(Stored records)
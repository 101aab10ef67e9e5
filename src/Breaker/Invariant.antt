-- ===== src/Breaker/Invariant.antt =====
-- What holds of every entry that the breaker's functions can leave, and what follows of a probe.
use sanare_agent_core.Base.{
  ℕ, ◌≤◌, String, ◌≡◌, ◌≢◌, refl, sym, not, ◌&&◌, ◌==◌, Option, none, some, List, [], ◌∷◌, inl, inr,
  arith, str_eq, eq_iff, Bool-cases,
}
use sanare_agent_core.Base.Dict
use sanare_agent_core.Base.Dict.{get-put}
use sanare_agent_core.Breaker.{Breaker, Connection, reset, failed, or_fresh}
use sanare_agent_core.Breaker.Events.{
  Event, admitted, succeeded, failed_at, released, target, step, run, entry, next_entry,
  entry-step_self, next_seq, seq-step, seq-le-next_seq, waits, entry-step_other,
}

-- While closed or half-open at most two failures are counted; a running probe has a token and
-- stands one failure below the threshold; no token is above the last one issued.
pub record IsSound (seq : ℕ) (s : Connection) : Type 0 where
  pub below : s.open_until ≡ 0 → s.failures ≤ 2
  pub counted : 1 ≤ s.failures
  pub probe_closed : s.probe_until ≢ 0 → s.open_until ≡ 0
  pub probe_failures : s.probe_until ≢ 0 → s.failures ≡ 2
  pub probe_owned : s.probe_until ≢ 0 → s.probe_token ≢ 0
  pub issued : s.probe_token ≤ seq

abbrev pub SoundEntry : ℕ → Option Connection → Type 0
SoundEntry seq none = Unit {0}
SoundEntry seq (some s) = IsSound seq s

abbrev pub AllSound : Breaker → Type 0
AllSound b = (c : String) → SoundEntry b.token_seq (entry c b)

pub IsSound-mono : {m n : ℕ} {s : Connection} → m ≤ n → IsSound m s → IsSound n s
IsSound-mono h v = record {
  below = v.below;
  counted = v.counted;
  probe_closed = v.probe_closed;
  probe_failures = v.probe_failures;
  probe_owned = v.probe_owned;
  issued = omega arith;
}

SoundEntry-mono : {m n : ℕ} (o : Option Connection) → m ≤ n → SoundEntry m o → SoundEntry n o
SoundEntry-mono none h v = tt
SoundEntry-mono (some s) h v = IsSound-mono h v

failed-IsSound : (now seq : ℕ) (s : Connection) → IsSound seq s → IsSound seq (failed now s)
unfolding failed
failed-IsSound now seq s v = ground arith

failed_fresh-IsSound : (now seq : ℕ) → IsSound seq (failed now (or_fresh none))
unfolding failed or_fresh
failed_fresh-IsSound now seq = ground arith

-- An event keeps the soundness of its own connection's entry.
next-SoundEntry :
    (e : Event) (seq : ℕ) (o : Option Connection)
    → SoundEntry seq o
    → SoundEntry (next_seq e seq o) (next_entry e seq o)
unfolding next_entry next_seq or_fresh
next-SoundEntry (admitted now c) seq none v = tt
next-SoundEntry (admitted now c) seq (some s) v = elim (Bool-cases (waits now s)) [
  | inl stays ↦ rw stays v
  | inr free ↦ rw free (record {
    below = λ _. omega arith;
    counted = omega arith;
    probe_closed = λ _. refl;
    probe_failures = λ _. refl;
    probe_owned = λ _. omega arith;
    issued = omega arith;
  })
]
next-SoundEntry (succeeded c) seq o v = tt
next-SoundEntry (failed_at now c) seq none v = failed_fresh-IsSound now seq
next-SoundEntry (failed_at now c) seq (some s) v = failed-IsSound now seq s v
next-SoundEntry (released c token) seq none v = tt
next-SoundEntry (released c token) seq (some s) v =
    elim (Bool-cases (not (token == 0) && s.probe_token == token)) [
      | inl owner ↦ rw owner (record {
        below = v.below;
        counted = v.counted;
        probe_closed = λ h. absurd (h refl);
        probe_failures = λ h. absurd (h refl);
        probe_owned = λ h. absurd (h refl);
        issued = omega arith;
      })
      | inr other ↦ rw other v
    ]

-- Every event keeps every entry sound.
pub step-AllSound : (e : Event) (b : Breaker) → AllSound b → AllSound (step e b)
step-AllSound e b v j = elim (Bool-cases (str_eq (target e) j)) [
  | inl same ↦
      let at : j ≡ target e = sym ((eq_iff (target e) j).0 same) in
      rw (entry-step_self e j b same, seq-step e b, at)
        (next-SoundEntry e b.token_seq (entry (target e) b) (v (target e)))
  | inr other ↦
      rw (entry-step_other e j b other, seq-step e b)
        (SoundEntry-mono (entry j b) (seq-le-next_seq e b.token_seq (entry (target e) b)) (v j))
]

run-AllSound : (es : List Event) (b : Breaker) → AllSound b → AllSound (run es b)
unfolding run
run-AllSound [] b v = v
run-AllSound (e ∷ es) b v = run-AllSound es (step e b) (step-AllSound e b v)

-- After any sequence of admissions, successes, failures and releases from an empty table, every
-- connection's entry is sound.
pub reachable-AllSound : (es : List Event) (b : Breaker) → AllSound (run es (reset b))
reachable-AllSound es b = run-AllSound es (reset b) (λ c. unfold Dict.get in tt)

Problem statement.
Take exactly the lines from the one containing "probe_owned = λ _. omega arith;" through the one containing "-- Every event keeps every entry sound." in the data above, and output them with nothing added.

Response area.
    probe_owned = λ _. omega arith;
    issued = omega arith;
  })
]
next-SoundEntry (succeeded c) seq o v = tt
next-SoundEntry (failed_at now c) seq none v = failed_fresh-IsSound now seq
next-SoundEntry (failed_at now c) seq (some s) v = failed-IsSound now seq s v
next-SoundEntry (released c token) seq none v = tt
next-SoundEntry (released c token) seq (some s) v =
    elim (Bool-cases (not (token == 0) && s.probe_token == token)) [
      | inl owner ↦ rw owner (record {
        below = v.below;
        counted = v.counted;
        probe_closed = λ h. absurd (h refl);
        probe_failures = λ h. absurd (h refl);
        probe_owned = λ h. absurd (h refl);
        issued = omega arith;
      })
      | inr other ↦ rw other v
    ]

-- Every event keeps every entry sound.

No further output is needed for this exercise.